> **TASK DETAILS**
Copy every record exactly. Nothing may be skipped.

Stored entries:

* * *

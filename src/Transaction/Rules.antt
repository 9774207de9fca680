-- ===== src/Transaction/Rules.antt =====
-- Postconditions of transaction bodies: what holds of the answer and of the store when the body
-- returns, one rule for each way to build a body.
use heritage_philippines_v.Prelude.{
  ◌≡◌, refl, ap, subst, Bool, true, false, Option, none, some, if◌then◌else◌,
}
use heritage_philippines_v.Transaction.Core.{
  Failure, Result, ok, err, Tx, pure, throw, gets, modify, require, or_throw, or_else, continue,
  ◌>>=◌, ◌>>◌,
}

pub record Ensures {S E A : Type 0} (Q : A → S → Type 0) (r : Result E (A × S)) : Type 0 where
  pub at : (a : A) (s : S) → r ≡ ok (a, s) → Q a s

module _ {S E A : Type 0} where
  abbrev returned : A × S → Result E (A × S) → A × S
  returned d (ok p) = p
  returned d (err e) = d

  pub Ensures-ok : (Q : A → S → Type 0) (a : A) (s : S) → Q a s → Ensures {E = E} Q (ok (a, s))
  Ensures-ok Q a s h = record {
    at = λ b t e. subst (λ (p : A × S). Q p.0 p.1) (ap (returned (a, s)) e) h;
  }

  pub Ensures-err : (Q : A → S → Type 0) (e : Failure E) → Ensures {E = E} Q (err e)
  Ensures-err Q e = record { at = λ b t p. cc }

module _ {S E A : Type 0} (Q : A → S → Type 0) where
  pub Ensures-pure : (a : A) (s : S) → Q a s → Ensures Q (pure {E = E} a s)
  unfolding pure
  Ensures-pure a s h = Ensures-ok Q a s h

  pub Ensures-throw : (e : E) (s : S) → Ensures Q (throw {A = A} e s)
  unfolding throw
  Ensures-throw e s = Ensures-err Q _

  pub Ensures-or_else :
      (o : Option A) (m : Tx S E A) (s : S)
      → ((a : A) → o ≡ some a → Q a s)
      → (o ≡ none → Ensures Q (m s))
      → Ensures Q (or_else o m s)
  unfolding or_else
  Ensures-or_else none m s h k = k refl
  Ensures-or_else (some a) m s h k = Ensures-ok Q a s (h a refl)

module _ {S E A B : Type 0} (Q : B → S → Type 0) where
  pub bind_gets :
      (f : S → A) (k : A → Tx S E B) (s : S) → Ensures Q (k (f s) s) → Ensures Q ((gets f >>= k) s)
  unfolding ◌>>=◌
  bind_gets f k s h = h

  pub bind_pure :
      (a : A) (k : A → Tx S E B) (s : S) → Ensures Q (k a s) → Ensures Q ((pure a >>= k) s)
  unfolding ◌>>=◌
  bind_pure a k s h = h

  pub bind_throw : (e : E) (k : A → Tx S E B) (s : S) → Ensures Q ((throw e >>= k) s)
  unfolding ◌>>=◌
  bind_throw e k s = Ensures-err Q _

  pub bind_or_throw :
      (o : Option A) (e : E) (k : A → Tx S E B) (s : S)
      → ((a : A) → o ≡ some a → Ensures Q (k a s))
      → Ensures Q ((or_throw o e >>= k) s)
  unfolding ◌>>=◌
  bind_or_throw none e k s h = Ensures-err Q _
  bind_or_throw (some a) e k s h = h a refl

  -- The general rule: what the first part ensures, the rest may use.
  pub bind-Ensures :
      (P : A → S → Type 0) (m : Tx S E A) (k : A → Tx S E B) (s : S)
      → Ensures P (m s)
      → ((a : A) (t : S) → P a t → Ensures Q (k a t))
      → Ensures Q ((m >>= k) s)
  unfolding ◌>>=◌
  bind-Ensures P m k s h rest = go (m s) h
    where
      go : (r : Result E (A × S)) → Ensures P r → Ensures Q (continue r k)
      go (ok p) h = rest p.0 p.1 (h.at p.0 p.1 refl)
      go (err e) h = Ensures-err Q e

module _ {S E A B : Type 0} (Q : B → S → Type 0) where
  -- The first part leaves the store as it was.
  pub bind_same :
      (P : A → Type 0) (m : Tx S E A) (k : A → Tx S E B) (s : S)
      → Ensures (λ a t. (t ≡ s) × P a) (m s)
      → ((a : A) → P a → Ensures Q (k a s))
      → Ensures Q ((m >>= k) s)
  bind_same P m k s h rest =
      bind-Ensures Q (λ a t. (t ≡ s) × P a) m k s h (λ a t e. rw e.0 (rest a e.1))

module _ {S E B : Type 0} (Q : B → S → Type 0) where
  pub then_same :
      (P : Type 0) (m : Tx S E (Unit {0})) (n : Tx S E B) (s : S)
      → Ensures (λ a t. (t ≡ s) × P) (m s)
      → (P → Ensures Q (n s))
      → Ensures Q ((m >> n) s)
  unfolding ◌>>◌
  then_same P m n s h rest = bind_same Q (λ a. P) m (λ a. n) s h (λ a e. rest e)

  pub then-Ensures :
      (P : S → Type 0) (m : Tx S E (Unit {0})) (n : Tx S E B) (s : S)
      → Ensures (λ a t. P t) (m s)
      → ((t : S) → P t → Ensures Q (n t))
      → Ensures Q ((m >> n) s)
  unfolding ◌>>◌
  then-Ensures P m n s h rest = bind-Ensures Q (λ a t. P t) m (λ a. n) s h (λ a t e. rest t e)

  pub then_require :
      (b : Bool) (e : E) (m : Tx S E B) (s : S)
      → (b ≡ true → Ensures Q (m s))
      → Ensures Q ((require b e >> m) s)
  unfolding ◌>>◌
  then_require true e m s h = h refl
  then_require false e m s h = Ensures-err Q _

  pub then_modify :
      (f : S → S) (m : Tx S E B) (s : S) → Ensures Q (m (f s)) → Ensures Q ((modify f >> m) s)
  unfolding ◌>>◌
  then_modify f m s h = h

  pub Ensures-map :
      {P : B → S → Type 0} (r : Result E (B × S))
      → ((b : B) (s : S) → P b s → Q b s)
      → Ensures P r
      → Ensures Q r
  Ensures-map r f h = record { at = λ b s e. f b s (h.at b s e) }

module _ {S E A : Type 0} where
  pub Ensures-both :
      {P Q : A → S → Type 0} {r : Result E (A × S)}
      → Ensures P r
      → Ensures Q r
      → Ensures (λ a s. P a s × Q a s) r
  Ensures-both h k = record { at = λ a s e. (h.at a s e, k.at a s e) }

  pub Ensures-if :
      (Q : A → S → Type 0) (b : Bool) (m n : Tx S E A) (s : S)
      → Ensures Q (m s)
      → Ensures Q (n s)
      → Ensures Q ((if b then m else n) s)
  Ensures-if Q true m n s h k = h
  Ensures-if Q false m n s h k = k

* * *

> **RESPONSE TO THIS TASK**
filename src/Transaction/Rules.antt
repository 9774207de9fca680
-- ===== src/Transaction/Rules.antt =====
-- Postconditions of transaction bodies: what holds of the answer and of the store when the body
-- returns, one rule for each way to build a body.
use heritage_philippines_v.Prelude.{
  ◌≡◌, refl, ap, subst, Bool, true, false, Option, none, some, if◌then◌else◌,
}
use heritage_philippines_v.Transaction.Core.{
  Failure, Result, ok, err, Tx, pure, throw, gets, modify, require, or_throw, or_else, continue,
  ◌>>=◌, ◌>>◌,
}

pub record Ensures {S E A : Type 0} (Q : A → S → Type 0) (r : Result E (A × S)) : Type 0 where
  pub at : (a : A) (s : S) → r ≡ ok (a, s) → Q a s

module _ {S E A : Type 0} where
  abbrev returned : A × S → Result E (A × S) → A × S
  returned d (ok p) = p
  returned d (err e) = d

  pub Ensures-ok : (Q : A → S → Type 0) (a : A) (s : S) → Q a s → Ensures {E = E} Q (ok (a, s))
  Ensures-ok Q a s h = record {
    at = λ b t e. subst (λ (p : A × S). Q p.0 p.1) (ap (returned (a, s)) e) h;
  }

  pub Ensures-err : (Q : A → S → Type 0) (e : Failure E) → Ensures {E = E} Q (err e)
  Ensures-err Q e = record { at = λ b t p. cc }

module _ {S E A : Type 0} (Q : A → S → Type 0) where
  pub Ensures-pure : (a : A) (s : S) → Q a s → Ensures Q (pure {E = E} a s)
  unfolding pure
  Ensures-pure a s h = Ensures-ok Q a s h

  pub Ensures-throw : (e : E) (s : S) → Ensures Q (throw {A = A} e s)
  unfolding throw
  Ensures-throw e s = Ensures-err Q _

  pub Ensures-or_else :
      (o : Option A) (m : Tx S E A) (s : S)
      → ((a : A) → o ≡ some a → Q a s)
      → (o ≡ none → Ensures Q (m s))
      → Ensures Q (or_else o m s)
  unfolding or_else
  Ensures-or_else none m s h k = k refl
  Ensures-or_else (some a) m s h k = Ensures-ok Q a s (h a refl)

module _ {S E A B : Type 0} (Q : B → S → Type 0) where
  pub bind_gets :
      (f : S → A) (k : A → Tx S E B) (s : S) → Ensures Q (k (f s) s) → Ensures Q ((gets f >>= k) s)
  unfolding ◌>>=◌
  bind_gets f k s h = h

  pub bind_pure :
      (a : A) (k : A → Tx S E B) (s : S) → Ensures Q (k a s) → Ensures Q ((pure a >>= k) s)
  unfolding ◌>>=◌
  bind_pure a k s h = h

  pub bind_throw : (e : E) (k : A → Tx S E B) (s : S) → Ensures Q ((throw e >>= k) s)
  unfolding ◌>>=◌
  bind_throw e k s = Ensures-err Q _

  pub bind_or_throw :
      (o : Option A) (e : E) (k : A → Tx S E B) (s : S)
      → ((a : A) → o ≡ some a → Ensures Q (k a s))
      → Ensures Q ((or_throw o e >>= k) s)
  unfolding ◌>>=◌
  bind_or_throw none e k s h = Ensures-err Q _
  bind_or_throw (some a) e k s h = h a refl

  -- The general rule: what the first part ensures, the rest may use.
  pub bind-Ensures :
      (P : A → S → Type 0) (m : Tx S E A) (k : A → Tx S E B) (s : S)
      → Ensures P (m s)
      → ((a : A) (t : S) → P a t → Ensures Q (k a t))
      → Ensures Q ((m >>= k) s)
  unfolding ◌>>=◌
  bind-Ensures P m k s h rest = go (m s) h
    where
      go : (r : Result E (A × S)) → Ensures P r → Ensures Q (continue r k)
      go (ok p) h = rest p.0 p.1 (h.at p.0 p.1 refl)
      go (err e) h = Ensures-err Q e

module _ {S E A B : Type 0} (Q : B → S → Type 0) where
  -- The first part leaves the store as it was.
  pub bind_same :
      (P : A → Type 0) (m : Tx S E A) (k : A → Tx S E B) (s : S)
      → Ensures (λ a t. (t ≡ s) × P a) (m s)
      → ((a : A) → P a → Ensures Q (k a s))
      → Ensures Q ((m >>= k) s)
  bind_same P m k s h rest =
      bind-Ensures Q (λ a t. (t ≡ s) × P a) m k s h (λ a t e. rw e.0 (rest a e.1))

module _ {S E B : Type 0} (Q : B → S → Type 0) where
  pub then_same :
      (P : Type 0) (m : Tx S E (Unit {0})) (n : Tx S E B) (s : S)
      → Ensures (λ a t. (t ≡ s) × P) (m s)
      → (P → Ensures Q (n s))
      → Ensures Q ((m >> n) s)
  unfolding ◌>>◌
  then_same P m n s h rest = bind_same Q (λ a. P) m (λ a. n) s h (λ a e. rest e)

  pub then-Ensures :
      (P : S → Type 0) (m : Tx S E (Unit {0})) (n : Tx S E B) (s : S)
      → Ensures (λ a t. P t) (m s)
      → ((t : S) → P t → Ensures Q (n t))
      → Ensures Q ((m >> n) s)
  unfolding ◌>>◌
  then-Ensures P m n s h rest = bind-Ensures Q (λ a t. P t) m (λ a. n) s h (λ a t e. rest t e)

  pub then_require :
      (b : Bool) (e : E) (m : Tx S E B) (s : S)
      → (b ≡ true → Ensures Q (m s))
      → Ensures Q ((require b e >> m) s)
  unfolding ◌>>◌
  then_require true e m s h = h refl
  then_require false e m s h = Ensures-err Q _

  pub then_modify :
      (f : S → S) (m : Tx S E B) (s : S) → Ensures Q (m (f s)) → Ensures Q ((modify f >> m) s)
  unfolding ◌>>◌
  then_modify f m s h = h

  pub Ensures-map :
      {P : B → S → Type 0} (r : Result E (B × S))
      → ((b : B) (s : S) → P b s → Q b s)
      → Ensures P r
      → Ensures Q r
  Ensures-map r f h = record { at = λ b s e. f b s (h.at b s e) }

module _ {S E A : Type 0} where
  pub Ensures-both :
      {P Q : A → S → Type 0} {r : Result E (A × S)}
      → Ensures P r
      → Ensures Q r
      → Ensures (λ a s. P a s × Q a s) r
  Ensures-both h k = record { at = λ a s e. (h.at a s e, k.at a s e) }

  pub Ensures-if :
      (Q : A → S → Type 0) (b : Bool) (m n : Tx S E A) (s : S)
      → Ensures Q (m s)
      → Ensures Q (n s)
      → Ensures Q ((if b then m else n) s)
  Ensures-if Q true m n s h k = h
  Ensures-if Q false m n s h k = k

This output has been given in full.